The size of the root directory in sectors can be calculated by multiplying its number of entries by the size of a single entry in bytes, dividing that by the number of bytes per sector, and rounding up:

const uint32_t root_dir_bytes =
    bpb->root_dir_entry_count * sizeof(struct DirectoryEntry);

uint32_t root_dir_sectors = root_dir_bytes / bpb->bytes_per_sector;
if (root_dir_bytes % bpb->bytes_per_sector != 0)
    root_dir_sectors++;

Alternatively, as recommended in page 13 of the FAT specification, one can round up by adding the number of bytes per sector minus one before performing the integer division:

const uint32_t root_dir_bytes =
    bpb->root_dir_entry_count * sizeof(struct DirectoryEntry);

const uint32_t root_dir_sectors =
  (root_dir_bytes + (bpb->bytes_per_sector - 1)) /
    bpb->bytes_per_sector;

Note that, on FAT32, the Root directory entries field of the BPB is zero, so the result of these operations will also be zero. This is expected when calculating the first data sector below.

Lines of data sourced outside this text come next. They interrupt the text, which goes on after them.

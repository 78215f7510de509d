-- ===== src/Notify/Message/Folders.antt =====
-- Which files of the repository are those of a thread.
use edge_sync.Base.{
  ◌/◌, text_eq, Text, codes, has_prefix, cons_path, ℕ, ◌≡◌, refl, sym, ap, ◌∙◌, ◌≢◌, ite, if_pos,
  if_neg, Bool, true, false, ◌&&◌, [], ◌∷◌, ◌++◌, arith, ℕ_discrete, All,
}
use edge_sync.Notify.Message.{
  Message, id_prefix, thread_prefix, short_id, thread_short, thread_dir, extension, file_path,
  has_suffix,
}
use edge_sync.Notify.Message.Paths.{has_suffix-file_path}

-- A text without a slash.
abbrev pub HasNoSlash : Text → Type 0
HasNoSlash t = All (λ c. c ≢ 47) t

-- A message whose folder names are single path segments.
abbrev pub IsPlain : Message → Type 0
IsPlain m = HasNoSlash m.project × HasNoSlash (thread_short m)

-- The message is one of the thread.
unfoldable pub belongs : Text → Text → Message → Bool
belongs project short m =
    ite (text_eq m.project project) (ite (text_eq (thread_short m) short) true false) false

has_prefix-same : (p q t : Text) → has_prefix (p ++ q) (p ++ t) ≡ has_prefix q t
has_prefix-same [] q t = refl
has_prefix-same (c ∷ p) q t = ground (arith, has_prefix-same p q t)

-- Behind another segment there is no such prefix.
pub has_prefix-other :
    (a b p t : Text)
    → HasNoSlash a
    → HasNoSlash b
    → ¬ (b ≡ a)
    → has_prefix (a ++ 47 ∷ p) (b ++ 47 ∷ t) ≡ false
has_prefix-other [] [] p t h k d = absurd (d refl)
has_prefix-other [] (c ∷ b) p t h k d = ground (arith, k.0)
has_prefix-other (c ∷ a) [] p t h k d = ground (arith, h.0)
has_prefix-other (c ∷ a) (d ∷ b) p t h k n = elim (ℕ_discrete c d) [
  | yes e ↦
      if_pos (ℕ_discrete c d) e _ _
      ∙ has_prefix-other a b p t h.1 k.1 (λ q. n (cons_path (sym e) q))
  | no e ↦ if_neg (ℕ_discrete c d) e _ _
]

-- A last segment.
has_prefix-last :
    (a b t : Text)
    → HasNoSlash a
    → HasNoSlash b
    → has_prefix (a ++ codes "/") (b ++ 47 ∷ t) ≡ ite (text_eq b a) true false
unfolding ℕ_discrete
has_prefix-last a b t h k = elim (text_eq b a) [
  | yes e ↦
      ap (λ c. has_prefix (a ++ codes "/") (c ++ 47 ∷ t)) e
      ∙ has_prefix-same a (codes "/") (47 ∷ t)
      ∙ sym (if_pos (text_eq b a) e true false)
  | no e ↦ has_prefix-other a b [] t h k e ∙ sym (if_neg (text_eq b a) e true false)
]

module _ (print : ℕ → Text) (project short : Text) (m : Message) where
  abbrev file_tail : Text
  file_tail =
      print (m.timestamp / 1000000000) ++ (codes "-" ++ (short_id m.id id_prefix ++ extension))

  module _ (h : HasNoSlash project) (k : HasNoSlash short) (plain : IsPlain m) where
    in_thread : has_prefix (thread_dir project short) (file_path print m) ≡ belongs project short m
    unfolding thread_dir file_path belongs
    in_thread = elim (text_eq m.project project) [
      | yes e ↦
          ap
            (λ q.
              has_prefix (project ++ (codes "/threads/" ++ (short ++ codes "/")))
                (q ++ (codes "/threads/" ++ (thread_short m ++ (codes "/" ++ file_tail)))))
            e
          ∙ has_prefix-same project _ _
          ∙ has_prefix-same (codes "/threads/") _ _
          ∙ has_prefix-last short (thread_short m) _ k plain.1
          ∙ sym (if_pos (text_eq m.project project) e _ _)
      | no e ↦
          has_prefix-other project m.project _ _ h plain.0 e
          ∙ sym (if_neg (text_eq m.project project) e _ _)
    ]

    -- A file is read for a thread exactly if its message is one of the thread.
    pub file_path-belongs :
        has_prefix (thread_dir project short) (file_path print m)
          && has_suffix extension (file_path print m)
        ≡ belongs project short m
    file_path-belongs = ground (arith, in_thread, has_suffix-file_path print m)

pub belongs-true :
    (project short : Text) (m : Message)
    → belongs project short m ≡ true
    → (m.project ≡ project) × (short_id m.thread thread_prefix ≡ short)
unfolding belongs thread_short
belongs-true project short m e = ground arith

-- A message whose thread has that short id belongs to it.
pub belongs-own :
    (m : Message) (project short : Text)
    → m.project ≡ project
    → short_id m.thread thread_prefix ≡ short
    → belongs project short m ≡ true
unfolding belongs thread_short
belongs-own m project short p q = ground arith

pub thread_short_lem : (m : Message) → short_id m.thread thread_prefix ≡ thread_short m
unfolding thread_short
thread_short_lem m = refl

The first data sector can be calculated by adding the number of reserved sectors (such as the boot sector), the number of sectors used by the FAT(s), and the number of sectors used by the root directory.

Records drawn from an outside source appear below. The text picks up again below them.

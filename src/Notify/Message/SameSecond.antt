-- ===== src/Notify/Message/SameSecond.antt =====
-- The order in which ReadThread puts messages of one thread and one second.
use edge_sync.Base.{Text, codes, ◌++◌}
use edge_sync.Notify.Message.{Message}

-- A path by its parts.
abbrev path : Text → Text → Text → Text → Text
path project thread seconds name =
    project ++ (codes "/threads/" ++ (thread ++ (codes "/" ++ (seconds ++ (codes "-" ++ name)))))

The number of reserved sectors can be obtained from the third field of the BPB, as explained when calculating the location of the FAT. The number of sectors used by the FAT is determined by either the Logical sectors per FAT field of the base BPB, or, if it’s zero, by the Logical sectors per FAT field of the FAT32 EBPB. The number of sectors of the root directory is calculated using any of the methods from the previous section; again, note that this value is expected to be zero in FAT32.

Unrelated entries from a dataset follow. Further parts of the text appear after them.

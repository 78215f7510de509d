-- ===== src/Notify/Token.antt =====
-- leaf/agent/notify/token.go: pairing tokens by rejection sampling, their raw form and hash, and
-- pairing URLs. Random bytes are a list that ends where `rand.Read` fails; SHA-256 in hex and the
-- URL path escapes are parameters.
pub mod Sampling
pub mod PairUrl
use edge_sync.Base.{
  ℕ, zero, suc, ◌%◌, ◌≡◌, List, [], ◌∷◌, ◌++◌, Bool, true, false, not, ◌==◌, leb, take, drop, keep,
  Option, none, some, has_prefix, length, if◌then◌else◌, Text, codes,
}
use mathlib.Core.Option

abbrev pub token_alphabet : Text
token_alphabet = codes "23456789ABCDEFGHJKMNPQRSTVWXYZ"

abbrev pub token_reject_threshold : ℕ
token_reject_threshold = 240

-- `tokenAlphabet[i]`; the index is below 30.
unfoldable pub char_at : ℕ → Text → ℕ
char_at i [] = 0
char_at zero (c ∷ t) = c
char_at (suc i) (c ∷ t) = char_at i t

-- One byte: rejected at or above the threshold, else a character of the alphabet.
unfoldable pub draw : ℕ → Option ℕ
draw b = if leb token_reject_threshold b then none else some (char_at (b % 30) token_alphabet)

-- The loop of `GenerateToken` with `k` characters left to draw.
unfoldable pub sample : ℕ → List ℕ → Option Text
sample zero bytes = some []
sample (suc k) [] = none
sample (suc k) (b ∷ bytes) = elim (draw b) [
  | none ↦ sample (suc k) bytes
  | some c ↦ Option.map (◌∷◌ c) (sample k bytes)
]

-- `%s-%s-%s` over the three groups of four.
unfoldable pub group_chars : Text → Text
group_chars chars =
    take 4 chars ++ (b'-' ∷ (take 4 (drop 4 chars) ++ (b'-' ∷ take 4 (drop 8 chars))))

unfoldable pub generate_token : List ℕ → Option Text
generate_token bytes = Option.map group_chars (sample 12 bytes)

-- `strings.ReplaceAll(formatted, "-", "")`.
unfoldable pub raw_token : Text → Text
raw_token formatted = keep (λ c. not (c == b'-')) formatted

pub record PairInfo : Type 0 where
  pub endpoint_id : Text
  pub nats_addr : Text
  pub token : Text

-- SHA-256 in hex, `url.PathEscape` and `url.PathUnescape`.
pub record Codec : Type 0 where
  pub sha256_hex : Text → Text
  pub path_escape : Text → Text
  pub path_unescape : Text → Option Text

pub data PairError : Type 0 where
  missing_prefix : PairError
  wrong_segments : ℕ → PairError
  bad_escape : PairError

pub data Result {ℓ} (A : Type ℓ) : Type ℓ where
  ok : A → Result A
  err : PairError → Result A

abbrev pub pair_prefix : Text
pair_prefix = codes "edgesync-pair://v1/"

-- The text before the first '/', and the text behind it if there is one.
unfoldable pub cut : Text → Text × Option Text
cut [] = ([], none)
cut (c ∷ t) = let rest = cut t in if c == b'/' then ([], some t) else (c ∷ rest.0, rest.1)

-- `strings.SplitN(t, "/", suc n)`.
unfoldable pub split_n : ℕ → Text → List Text
unfolding cut
split_n zero t = t ∷ []
split_n (suc n) t =
    let (part, more) = cut t in elim more [ none ↦ part ∷ [] | some rest ↦ part ∷ split_n n rest ]

module _ (c : Codec) where
  unfoldable pub hash_token : Text → Text
  hash_token formatted = c.sha256_hex (raw_token formatted)

  pub format_pair_url : Text → Text → Text → Text
  format_pair_url endpoint_id nats_addr token =
      pair_prefix ++ (endpoint_id ++ (b'/' ∷ (c.path_escape nats_addr ++ (b'/' ∷ raw_token token))))

  -- The three segments of the URL, if there are three.
  unfoldable pub read_segments : List Text → Result PairInfo
  read_segments (endpoint ∷ encoded ∷ token ∷ []) = elim (c.path_unescape encoded) [
    | none ↦ err bad_escape
    | some nats_addr ↦ ok (record { endpoint_id = endpoint; nats_addr = nats_addr; token = token })
  ]
  read_segments parts = err (wrong_segments (length parts))

  -- The body of `ParsePairURL` over any prefix.
  unfoldable pub parse_behind : Text → Text → Result PairInfo
  parse_behind prefix raw =
      if has_prefix prefix raw
      then read_segments (split_n 2 (drop (length prefix) raw))
      else err missing_prefix

  unfoldable pub parse_pair_url : Text → Result PairInfo
  parse_pair_url raw = parse_behind pair_prefix raw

const size_t sectors_per_fat = (bpb->sectors_per_fat_16 == 0)
                                 ? bpb->sectors_per_fat_16
                                 : ebpb->sectors_per_fat_32;

const uint16_t reserved_sectors  = bpb->reserved_sectors;
const uint32_t total_fat_sectors = bpb->fat_count * sectors_per_fat;
const uint32_t root_dir_sectors  = /* Shown above */;

const uint32_t first_data_sector =
  reserved_sectors + total_fat_sectors + root_dir_sectors;

With this information in mind, it should be possible to calculate the clusters numbers where the file contents are stored, and the sector when the data region starts, therefore allowing us to read all the necessary sectors that contain the file contents. This is the general algorithm for accomplishing this:

1. Obtain the sector where the FAT starts, the sector where the root directory starts, and the size in sectors of the root directory. All this has been explained above.
2. Search for the file by iterating the root directory until the name field of a DirectoryEntry structure matches the filename you are looking for.
3. Obtain the first FAT index in the chain of clusters that hold the contents of the file. This index can be obtained from the Low word of the first cluster index field of the DirectoryEntry. Note that this index is for the FAT, it’s not the real cluster number in the volume.
4. Calculate the real cluster number by subtracting 2 (i.e. the number of reserved FAT entries) from the FAT index that was just obtained.
5. Calculate the sector number by multiplying the real cluster number by the number of Logical sectors per cluster (second element of the BPB), and adding that to the number of sectors before the Data region, as explained above.
6. Somehow read from the disk a cluster worth of sectors, starting at the sector number from the previous step.
7. Obtain the next FAT index by reading the value stored at the FAT entry corresponding to the current FAT index (i.e. fat_idx = fat[fat_idx]).
8. If the new FAT index is smaller than the end-of-chain marker, go back to step 2. Otherwise, we are done with the file.

In FAT32, when reading the FAT index, you will need to also use the High word of the first cluster index field of the DirectoryEntry.

Also note that, as explained above, getting the next FAT index might be more complicated depending on the endianness of the machine, since all the structures in the FAT filesystem are little-endian.